## Exercise data
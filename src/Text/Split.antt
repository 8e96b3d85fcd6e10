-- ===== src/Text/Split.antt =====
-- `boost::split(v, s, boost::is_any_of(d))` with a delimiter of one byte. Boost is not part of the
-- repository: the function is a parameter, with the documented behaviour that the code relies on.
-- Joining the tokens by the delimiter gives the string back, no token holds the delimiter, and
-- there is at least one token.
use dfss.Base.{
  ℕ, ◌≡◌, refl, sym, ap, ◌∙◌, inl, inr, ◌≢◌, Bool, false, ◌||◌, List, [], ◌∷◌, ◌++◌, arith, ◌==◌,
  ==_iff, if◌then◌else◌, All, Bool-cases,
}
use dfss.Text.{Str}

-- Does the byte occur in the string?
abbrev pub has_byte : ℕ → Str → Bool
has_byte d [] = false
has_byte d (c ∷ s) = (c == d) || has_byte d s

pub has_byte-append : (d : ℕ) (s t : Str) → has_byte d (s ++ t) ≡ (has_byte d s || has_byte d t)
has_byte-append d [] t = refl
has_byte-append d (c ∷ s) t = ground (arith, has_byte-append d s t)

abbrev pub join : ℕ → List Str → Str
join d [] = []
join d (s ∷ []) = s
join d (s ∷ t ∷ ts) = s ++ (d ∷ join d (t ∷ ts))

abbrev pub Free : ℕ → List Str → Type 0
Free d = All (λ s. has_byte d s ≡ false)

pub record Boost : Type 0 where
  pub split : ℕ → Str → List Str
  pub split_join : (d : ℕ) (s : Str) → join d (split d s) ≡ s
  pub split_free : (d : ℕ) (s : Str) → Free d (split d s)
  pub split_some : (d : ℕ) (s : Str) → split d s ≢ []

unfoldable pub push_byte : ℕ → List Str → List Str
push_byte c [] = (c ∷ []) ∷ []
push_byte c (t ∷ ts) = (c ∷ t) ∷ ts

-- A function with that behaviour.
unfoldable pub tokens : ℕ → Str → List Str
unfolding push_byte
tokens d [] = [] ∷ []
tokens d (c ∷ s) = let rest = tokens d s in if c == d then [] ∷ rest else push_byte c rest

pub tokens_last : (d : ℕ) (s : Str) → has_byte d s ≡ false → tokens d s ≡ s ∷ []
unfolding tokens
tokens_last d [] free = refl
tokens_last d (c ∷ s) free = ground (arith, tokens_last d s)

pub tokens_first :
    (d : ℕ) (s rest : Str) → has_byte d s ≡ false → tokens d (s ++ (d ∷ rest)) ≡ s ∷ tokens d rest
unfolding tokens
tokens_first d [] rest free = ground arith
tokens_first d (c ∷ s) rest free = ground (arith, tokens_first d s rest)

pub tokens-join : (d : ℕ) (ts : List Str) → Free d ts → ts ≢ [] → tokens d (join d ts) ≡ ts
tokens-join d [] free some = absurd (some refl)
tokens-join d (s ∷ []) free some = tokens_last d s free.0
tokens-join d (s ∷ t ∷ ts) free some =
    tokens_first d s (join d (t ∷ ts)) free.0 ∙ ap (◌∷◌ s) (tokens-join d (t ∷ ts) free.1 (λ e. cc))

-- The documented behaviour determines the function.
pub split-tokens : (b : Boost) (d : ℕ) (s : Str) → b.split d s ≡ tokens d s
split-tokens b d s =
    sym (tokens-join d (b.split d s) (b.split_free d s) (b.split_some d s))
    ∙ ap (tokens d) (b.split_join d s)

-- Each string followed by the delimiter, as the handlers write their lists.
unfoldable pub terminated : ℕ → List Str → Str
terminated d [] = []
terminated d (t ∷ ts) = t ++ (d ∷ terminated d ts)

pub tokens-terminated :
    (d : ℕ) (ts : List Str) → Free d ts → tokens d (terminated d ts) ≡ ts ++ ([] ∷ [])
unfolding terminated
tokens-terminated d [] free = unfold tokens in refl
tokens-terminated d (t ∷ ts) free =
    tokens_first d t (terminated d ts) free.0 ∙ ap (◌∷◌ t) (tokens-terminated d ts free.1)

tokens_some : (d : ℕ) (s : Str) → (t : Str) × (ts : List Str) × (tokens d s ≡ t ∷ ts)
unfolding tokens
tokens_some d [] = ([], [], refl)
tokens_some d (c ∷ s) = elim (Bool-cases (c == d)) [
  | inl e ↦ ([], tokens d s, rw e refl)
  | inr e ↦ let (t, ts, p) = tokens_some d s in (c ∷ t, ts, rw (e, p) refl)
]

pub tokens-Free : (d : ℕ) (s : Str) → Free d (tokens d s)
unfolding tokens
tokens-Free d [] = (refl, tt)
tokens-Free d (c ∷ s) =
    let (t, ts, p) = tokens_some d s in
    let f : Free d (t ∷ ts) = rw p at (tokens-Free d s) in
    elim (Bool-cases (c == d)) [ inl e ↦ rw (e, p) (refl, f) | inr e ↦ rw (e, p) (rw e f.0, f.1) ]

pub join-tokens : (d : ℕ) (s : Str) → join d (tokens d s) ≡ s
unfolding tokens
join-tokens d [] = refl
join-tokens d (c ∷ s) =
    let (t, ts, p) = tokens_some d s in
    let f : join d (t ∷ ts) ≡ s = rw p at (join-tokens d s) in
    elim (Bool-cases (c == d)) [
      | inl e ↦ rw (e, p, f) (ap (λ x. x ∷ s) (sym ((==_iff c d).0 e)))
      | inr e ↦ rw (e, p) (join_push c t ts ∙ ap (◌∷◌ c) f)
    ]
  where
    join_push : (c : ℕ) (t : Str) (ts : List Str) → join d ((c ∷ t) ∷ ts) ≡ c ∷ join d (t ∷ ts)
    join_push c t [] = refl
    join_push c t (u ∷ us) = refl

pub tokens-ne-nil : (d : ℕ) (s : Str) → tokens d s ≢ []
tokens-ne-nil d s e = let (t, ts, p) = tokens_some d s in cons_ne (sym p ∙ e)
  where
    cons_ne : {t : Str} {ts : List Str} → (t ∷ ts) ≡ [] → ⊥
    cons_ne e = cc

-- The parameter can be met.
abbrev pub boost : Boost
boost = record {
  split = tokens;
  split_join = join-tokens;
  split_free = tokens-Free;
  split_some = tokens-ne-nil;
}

## Task objective
All that the answer may hold is the lines from the one with "join-tokens d (c" through the end of the data, set down exactly as they appear.

## Reply to the exercise
join-tokens d (c ∷ s) =
    let (t, ts, p) = tokens_some d s in
    let f : join d (t ∷ ts) ≡ s = rw p at (join-tokens d s) in
    elim (Bool-cases (c == d)) [
      | inl e ↦ rw (e, p, f) (ap (λ x. x ∷ s) (sym ((==_iff c d).0 e)))
      | inr e ↦ rw (e, p) (join_push c t ts ∙ ap (◌∷◌ c) f)
    ]
  where
    join_push : (c : ℕ) (t : Str) (ts : List Str) → join d ((c ∷ t) ∷ ts) ≡ c ∷ join d (t ∷ ts)
    join_push c t [] = refl
    join_push c t (u ∷ us) = refl

pub tokens-ne-nil : (d : ℕ) (s : Str) → tokens d s ≢ []
tokens-ne-nil d s e = let (t, ts, p) = tokens_some d s in cons_ne (sym p ∙ e)
  where
    cons_ne : {t : Str} {ts : List Str} → (t ∷ ts) ≡ [] → ⊥
    cons_ne e = cc

-- The parameter can be met.
abbrev pub boost : Boost
boost = record {
  split = tokens;
  split_join = join-tokens;
  split_free = tokens-Free;
  split_some = tokens-ne-nil;
}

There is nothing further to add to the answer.